What is Bronchopulmonary Dysplasia?
Bronchopulmonary dysplasia or BPD is used to describe abnormal development or growth (dysplasia) of lung tissue and structures. It usually affects pre-term infants and full-term infants who experience respiratory issues after birth. Symptoms of BPD appear within the first month after birth. Generally, "babies who are still dependent on a respirator for oxygen at 28 days of age and whose chest x-rays are typical of BPD are considered to have the disorder" (www.doereport.com).
BPD, along with cystic fibrosis and asthma, ranks as one of the most common chronic lung conditions to affect infants in the United States. "Approximately 5,000 to 10,000 new cases of BPD (20 to 30 percent of infants surviving respiratory distress syndrome) occur each year" (www.doereport.com). About 4000 of those patients survive infancy.
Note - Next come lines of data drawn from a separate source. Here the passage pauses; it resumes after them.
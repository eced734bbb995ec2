-- ===== src/Kernel/Ipc/Keys.antt =====
-- The keys of the rendezvous against the numbers that are given out for them.
use mathlib.Core.Path.{subst}
use eotan.Prelude.{
  ℕ, ◌≡◌, refl, sym, ◌∙◌, Bool, true, false, Option, none, some, arith, ◌==◌, ◌&&◌, ◌||◌, ltb,
  Bool-cases, Option-cases, inl, inr, if◌then◌else◌,
}
use eotan.Bitmap.{bit_at}
use eotan.Set.Sequence
use eotan.Set.Sequence.{Sequence, get}
use eotan.Set.Sequence.Laws.{IsValid, Granted, release-bits, release-blocks, release-IsValid}
use eotan.Kernel.State.{Thread, Kernel, set_thread, set_status}
use eotan.Kernel.Ready.{ready_enqueue, queue_remove, ready_dequeue}
use eotan.Kernel.Ipc.Message.{max_thread}
use eotan.Kernel.Sync.{
  is_dmt, is_notified, release_thread, release, notify_thread, notify_body, start_delay, skippable,
  preempt, switch_to, resched, dispatch, leave_serialize, leave_serialize_and_dispatch, wait,
  waiting_remove,
}

abbrev is_none : Option ℕ → Bool
is_none none = true
is_none (some max) = false

-- The free numbers are just the numbers from 1 to 1023 that are no key of a rendezvous.
pub record Keyed (replies : ℕ → Option ℕ) (s : Sequence) : Type 0 where
  pub valid : IsValid s
  pub blocks : s.num_of_blocks ≡ 32
  pub free : (j : ℕ) → bit_at s.map j ≡ (ltb 0 j && ltb j max_thread && is_none (replies j))
  pub keys : (j : ℕ) → (is_none (replies j) || (ltb 0 j && ltb j max_thread)) ≡ true

abbrev KeyedTable : (ℕ → Option ℕ) × Sequence → Type 0
KeyedTable (replies, s) = Keyed replies s

abbrev pub IsKeyed : Kernel → Type 0
IsKeyed k = Keyed k.replies k.reply_sequence

-- What no switch of threads touches.
abbrev pub table : Kernel → (ℕ → Option ℕ) × Sequence
table k = (k.replies, k.reply_sequence)

table-ready_dequeue : (k : Kernel) → table (ready_dequeue k).1 ≡ table k
unfolding ready_dequeue
table-ready_dequeue k = refl

table-release_thread : (id : ℕ) (t : Thread) (k : Kernel) → table (release_thread id t k) ≡ table k
unfolding release_thread ready_enqueue set_thread
table-release_thread id t k = ground arith

pub table-release : (id : ℕ) (k : Kernel) → table (release id k) ≡ table k
unfolding release
table-release id k = elim (Option-cases (k.thread id)) [
  | inl n ↦ rw (n, release) refl
  | inr (t, e) ↦ rw (e, release) (table-release_thread id t k)
]

table-notify_thread :
    (id flag : ℕ) (t : Thread) (k : Kernel) → table (notify_thread id flag t k).1 ≡ table k
unfolding notify_thread waiting_remove set_thread
table-notify_thread id flag t k = elim (Bool-cases (is_dmt t.status)) [
  | inl y ↦ rw y refl
  | inr n ↦ elim (Bool-cases (is_notified t.status t.wait_type)) [
    | inl z ↦ rw (n, z) (table-release_thread id _ _)
    | inr z ↦ rw (n, z) refl
  ]
]

table-notify_body : (id flag : ℕ) (k : Kernel) → table (notify_body id flag k).1 ≡ table k
unfolding notify_body
table-notify_body id flag k = elim (Option-cases (k.thread id)) [
  | inl n ↦ rw (n, notify_body) refl
  | inr (t, e) ↦ rw (e, notify_body) (table-notify_thread id flag t k)
]

table-start_delay : (k : Kernel) → table (start_delay k) ≡ table k
unfolding start_delay
table-start_delay k = elim (Bool-cases k.delay_thread_start) [
  | inl y ↦ rw y (table-notify_body _ _ _)
  | inr n ↦ rw n refl
]

table-switch_to : (o : Option ℕ) (k : Kernel) → table (switch_to (o, k)) ≡ table k
unfolding switch_to preempt set_status set_thread
table-switch_to none k = refl
table-switch_to (some id) k = ground arith

pub table-leave_serialize : (k : Kernel) → table (leave_serialize k) ≡ table k
unfolding leave_serialize dispatch resched
table-leave_serialize k = elim (Bool-cases (skippable (record k { serializing = false }))) [
  | inl y ↦ rw y refl
  | inr n ↦ rw n (table-switch_to _ _ ∙ table-ready_dequeue (start_delay _) ∙ table-start_delay _)
]

pub table-wait : (k : Kernel) → table (wait k) ≡ table k
unfolding wait leave_serialize_and_dispatch queue_remove set_thread
table-wait k = elim (Option-cases (k.thread k.running)) [
  | inl n ↦ rw (n, wait) refl
  | inr (t, e) ↦ rw (e, wait) (table-leave_serialize _)
]

pub moved : (k k' : Kernel) → table k' ≡ table k → IsKeyed k → IsKeyed k'
moved k k' e v =
    let w : KeyedTable (table k) = v in
    let w' : KeyedTable (table k') = subst KeyedTable (sym e) w in w'

-- A key is given out.
pub took :
    (replies : ℕ → Option ℕ) (s s' : Sequence) (key max : ℕ)
    → Keyed replies s
    → Granted s key s'
    → Keyed (λ j. if j == key then some max else replies j) s'
took replies s s' key max v g = record {
  valid = g.valid;
  blocks = g.blocks ∙ v.blocks;
  free = λ j. ground (arith, g.bits j, v.free j);
  keys = λ j. ground (arith, v.keys j, v.free key, g.free_before);
}

-- A key is given back.
pub gave_back :
    (replies : ℕ → Option ℕ) (s : Sequence) (key max : ℕ)
    → Keyed replies s
    → replies key ≡ some max
    → Keyed (λ j. if j == key then none else replies j) (Sequence.release s key)
gave_back replies s key max v e = record {
  valid = release-IsValid s key v.valid;
  blocks = release-blocks s key ∙ v.blocks;
  free = λ j. ground (arith, release-bits s key j v.valid, v.free j, v.keys key, v.blocks);
  keys = λ j. ground (arith, v.keys j);
}

-- A number that was given out is no key yet, and given back at once it is free as before.
pub unused :
    (replies : ℕ → Option ℕ) (s s' : Sequence) (key : ℕ)
    → Keyed replies s
    → Granted s key s'
    → (replies key ≡ none) × Keyed replies (Sequence.release s' key)
unused replies s s' key v g = (
  ground (arith, v.free key, g.free_before),
  record {
    valid = release-IsValid s' key g.valid;
    blocks = release-blocks s' key ∙ g.blocks ∙ v.blocks;
    free = λ j. ground (
      arith,
      release-bits s' key j g.valid,
      g.bits j,
      v.free j,
      v.free key,
      g.free_before,
      v.blocks,
      g.blocks,
    );
    keys = v.keys;
  },
)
The risk of BPD increases with the decrease in gestation period. In fact, 90 percent of infants who develop BPD weigh less than 3.5 pounds.
When the condition was first identified in 1967, many babies born prematurely who developed BPD, did not survive. As treatment for pre-term babies and BPD have improved, therefore increasing chances of living into adulthood, which has led doctors and scientists to wonder if these patients continue to have lung problems when they grow up, and if so, what kind.
According to a report in the December 27, 1990 issue of The New England Journal of Medicine, "investigators showed that respiratory abnormalities may be found in a majority of patients who had bronchopulmonary dysplasia in infancy. However, in many patients these abnormalities were asymptomatic..." (www.faqs.org/abstracts/Health/).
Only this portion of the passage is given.